Says I'm a: Economic Left/Right -2.88 and Social Libertarian/Authoritarian, -0.87

Have no idea what that means.

DFrost


----------



## Woody Taylor (Mar 28, 2006)

David Frost said:


> Says I'm a: Economic Left/Right -2.88 and Social Libertarian/Authoritarian, -0.87
> 
> Have no idea what that means.
> 
> DFrost


That means you are a small tree-hugger!

Seriously, that means you're left of Mike economically and more socially liberal than Mike. You and Mike probably don't line up with notions of gov't programs, etc.

Not uncommon with you old folks with your kind of background (public service career and based in a Southern state with a lot of public works history (TVA, etc.)), to tell you the truth.

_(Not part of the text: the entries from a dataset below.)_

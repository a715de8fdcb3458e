-- ===== src/Lib.antt =====
-- Postgread stands between a PostgreSQL frontend and its backend: it decodes every message that one
-- of them sends, hands it to a callback, and passes its bytes on to the other.
--
-- The parts of the program, from the bytes up:
-- * Msg/Decode models src/msg/util/decode.rs. `BytesSource` is the slice of a body and what is left
--   of it; a decoder is a function on it, and `?` is the bind of a small monad. The children of this
--   file hold a calculus for decoders: what they read, what they accept, and both at once.
-- * Msg/Encode models src/msg/util/encode.rs, Msg/AsyncIo models src/msg/util/async_io.rs, and
--   Msg/TypeByte models src/msg/type_byte.rs.
-- * Msg/Read models src/msg/util/read.rs: the length is read, the header put into a vector, and the
--   body read behind it and decoded.
-- * Msg/Parts models src/msg/parts.rs, and Msg/Body the files of src/msg/body: a record or data type
--   for each message, with the names of the source, `<message>_msg` for its `MsgDecode`, and
--   `<message>_type_byte` for its `TYPE_BYTE`. Msg/Body/TypeBytes compares these bytes. Vectors
--   of bytes, and the texts that wrap them, are lists of numbers.
-- * Convey models src/convey.rs. Convey/State and Convey/Message hold its enumerations, Convey/Stream
--   the plain or encrypted stream of a side and `switch_to_tls`, Convey/Conveyor the structure and
--   its helpers, Convey/Dispatch the tables of states, and Convey/Go the method `go`: `negotiate`
--   is what comes before its loop, and `round` is one turn of the loop.
-- * The other files below Convey prove what is conveyed: Convey/Moves for single calls, Convey/Table
--   for the table of states, Convey/Relay for one message, Convey/Mirror for the loop. Convey/Protocol
--   states the rules of the conversation by phases, which are coarser than the states of the program,
--   Convey/Gate what they mean for the authentication and for turns, and Convey/Opening follows
--   the negotiation. Convey/Converse says what a conversation in order is, and Convey/Flow follows one
--   that has arrived. Convey/Ends is about the fuel of a run and about its turns, and Convey/Modes
--   about which of its two streams a side uses.
-- * Convey/Util models src/convey/util.rs, the copies of messages.
-- * Server models src/server.rs and `dump_msg` of src/main.rs: Server/Setup is what comes before the
--   loop, Server/Client one client from point to point, and Server/Accepting the accept loop and the
--   clients, whose turns come in any order. Server/Ids and Server/Counter are about the numbers of
--   the clients, Server/Progress about how far they get, and Server/Story about what is printed.
-- * Tls models src/tls: the traits, and the providers that the server gives to `convey`.
-- * Tests runs the program on streams in memory.
--
-- Functions on a `&mut` object return their result and the object after the call
-- (Prelude/Outcome). Numbers are natural numbers; the sum of lengths in `alloc_vec` is taken modulo
-- 2 ^ 32, as a release build has it, and the signed numbers of the protocol are read in two's
-- complement. The loops that read up to a null byte, collect items up to the end, or read the entries of an
-- error run on fuel that is one more than the bytes that are left: each round takes a byte at least.
-- The loop of `read_and_drop` has `num / batch + 1` rounds, since each takes a whole batch.
--
-- Streams are a parameter (`ByteStream`) with the documented behaviour of the crate `futures`: a read
-- of n bytes that succeeds returns the next n bytes, a write that succeeds sends them all. So is the TLS
-- handshake (`Channel`). The side that `future::select` finds ready first is an input of the loop,
-- one side for each turn; the stream of the other side is left as it is. The callback is a log of
-- its arguments.
--
-- What the server uses of sockets, files and the TLS crates is a parameter too (`Platform`), each
-- call a function to what it returns; the answers that change from call to call, a connection to the
-- target and the time, are inputs of the turn. A client that is conveying keeps the rounds of its
-- conversation so far. A turn of it adds further rounds, prints the lines of the calls of the callback
-- that these make, and the client ends with the conversation.
--
-- Not modelled: the parsing of the command line, the texts that `Debug` prints, the tests, and memory:
-- `decode_vec` reserves a vector for the announced count, and where that is huge the program may
-- abort, while here the decoder answers that the body is too short. Streams deliver their bytes in
-- Convey/Flow by the hypothesis `Delivers`, which every use names.
pub mod Prelude
pub mod Msg
pub mod Convey
pub mod Server
pub mod Tests
pub mod Tls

You're not a curmudgeon yet and you might even vote Democrat one day....or at least once upon a time you used to... :wink:


----------



## Nancy Jocoy (Apr 19, 2006)

Well, I am -6.00 Economic and -4.31 social

But they don't call me an airhead here.. Being in the company of Neslon Mandela,Ghandim and the Dalai Lama works for me.

I'll never be a Democrat though -- I am a Green, but admit there ARE some airheads in the Green Party.


----------



## Mike Russell (Apr 9, 2006)

A lot of my social score being a bit more on the + side is because of the ingrained military background.  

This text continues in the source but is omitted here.